There, too, just one shot back with 18 holes to go were Archie Dadian and Lee Carter. Dadian, a former pro, was the pretournament favorite and a man with complaints of his own—he kept trying to explain all week how many times he had broken his hand without knowing it. Carter, a 17-year-old black who plays out of the same Tenison course in Dallas where Lee Trevino used to hustle, was the surprise of the week. He stayed near the lead for three days before succumbing to nerves and a final-round 81.
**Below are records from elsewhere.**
-- ===== src/Req/Owned.antt =====
-- A request and the data box that its user pointer leads to.
use libuv_rs.Common.{◌≡◌, ◌≢◌, ◌==◌, true, some, none, ◌∷◌, ==_refl, ==_ne}
use libuv_rs.Memory.{
  Ptr, null, Layout, ReqData, Fields, Block, struct, req_data, Heap, lookup, erase, update,
}
use libuv_rs.Memory.Effect.{Env, World, IsAllocator, done, fails, uv}
use libuv_rs.Error.{Error}
use libuv_rs.Memory.Laws.{lookup-erase_ne, erase-update, erase_comm}
use libuv_rs.Memory.Boxed.{
  Boxed, with_box, lookup-erased_box, lookup-both_erased, fresh_apart, fresh_ne, fresh-Boxed,
  update-fresh_heap, erase-fresh_heap,
}
use libuv_rs.Req.{new_request, get_data, load_data, free_data, destroy_request}

abbrev pub Owned : Heap → Layout → Ptr → Ptr → ReqData → Fields → Type 0
Owned h l p q d f = Boxed h l p q (req_data d) f

-- The heap with a new request in front.
abbrev pub with_request : Layout → Ptr → Ptr → ReqData → Fields → Heap → Heap
with_request l p q d f h = with_box l p q (req_data d) f h

module _ {l : Layout} {p q : Ptr} {d : ReqData} {f : Fields} (w : World)
    (o : Owned w.heap l p q d f) where
  pub get_data-Owned : get_data p w ≡ done q w
  unfolding get_data
  get_data-Owned = rw (==_ne p null o.p_not_null, o.p_holds)

  pub load_data-Owned : load_data q w ≡ done d w
  unfolding load_data
  load_data-Owned = rw (==_ne q null o.q_not_null, o.q_holds)

  -- The heap without the box, the user pointer cleared.
  abbrev pub freed : Heap
  freed = update p (struct l (record { data_ptr = some null; fields = f })) (erase q w.heap)

  pub lookup-freed : (b : Block) → lookup p (update p b (erase q w.heap)) ≡ some b
  lookup-freed = lookup-erased_box o

  pub free_data-Owned : free_data p w ≡ done tt (record w { heap = freed })
  unfolding free_data
  free_data-Owned = simp (
    ==_ne p null o.p_not_null,
    o.p_holds,
    ==_ne q null o.q_not_null,
    o.q_holds,
    lookup-erase_ne p q w.heap o.apart,
  )

  pub destroy_request-Owned :
      destroy_request p l w ≡ done tt (record w { heap = erase p (erase q w.heap) })
  unfolding destroy_request
  destroy_request-Owned = simp (
    ==_ne p null o.p_not_null,
    o.p_holds,
    ==_ne q null o.q_not_null,
    o.q_holds,
    lookup-erase_ne p q w.heap o.apart,
    lookup-freed,
    ==_refl,
    erase-update,
    erase_comm,
  )

  -- Afterwards the address of the request is free.
  pub lookup-destroyed : lookup p (erase p (erase q w.heap)) ≡ none
  lookup-destroyed = lookup-both_erased o

-- A request that was just made, and the state that making it leaves.
module _ (env : Env) (l : Layout) (w : World) where
  abbrev pub new_ptr : Ptr
  new_ptr = env.alloc w.heap l

  abbrev pub new_box : Ptr
  new_box =
      env.box_new ((new_ptr, struct l (record { data_ptr = none; fields = env.garbage })) ∷ w.heap)

  -- The heap with the new request in front, `f` its fields.
  abbrev pub new_heap : ReqData → Fields → Heap
  new_heap d f = with_request l new_ptr new_box d f w.heap

  -- Freeing it at once leaves the heap as it was.
  pub erase-new_heap :
      (d : ReqData) (f : Fields) → erase new_ptr (erase new_box (new_heap d f)) ≡ w.heap
  erase-new_heap d f = erase-fresh_heap env l env.garbage w.heap (req_data d) f

pub new_request-null :
    (env : Env) (l : Layout) (d : ReqData) (w : World)
    → (env.alloc w.heap l == null) ≡ true
    → new_request env l d w ≡ fails (uv Error.enomem) w
unfolding new_request
new_request-null env l d w gone = simp (gone, ==_refl)

module _ (env : Env) (law : IsAllocator env) (l : Layout) (d : ReqData) (w : World)
    (got : env.alloc w.heap l ≢ null) where
  pub new_apart : new_box env l w ≢ new_ptr env l w
  new_apart = fresh_apart env l env.garbage w.heap law got

  pub new_request-done :
      new_request env l d w
      ≡ done (new_ptr env l w) (record w { heap = new_heap env l w d env.garbage })
  unfolding new_request lookup update
  new_request-done =
      simp (==_ne (new_ptr env l w) null got, fresh_ne env l env.garbage w.heap law got, ==_refl)

  pub new_request-Owned :
      (f : Fields) → Owned (new_heap env l w d f) l (new_ptr env l w) (new_box env l w) d f
  new_request-Owned f = fresh-Boxed env l env.garbage w.heap law got (req_data d) f

  -- A write to the fields of a new request.
  pub update-new_heap :
      (f g : Fields)
      → update
          (new_ptr env l w)
          (struct l (record { data_ptr = some (new_box env l w); fields = g }))
          (new_heap env l w d f)
        ≡ new_heap env l w d g
  update-new_heap f g = update-fresh_heap env l env.garbage w.heap law got (req_data d) f g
The last round began with Blomberg showing up on the practice tee in spectacular American-flag shorts and several USGA officials approaching coronary arrest. After a hasty meeting, USGA Public Links Chairman Bob Dwyer said something like, "You are sitting on the flag, son," and Blomberg was ordered to change.
"Land of the free," moaned the Californian. "What would they do if I came out nude? If I win this thing, the shorts are going back on for pictures."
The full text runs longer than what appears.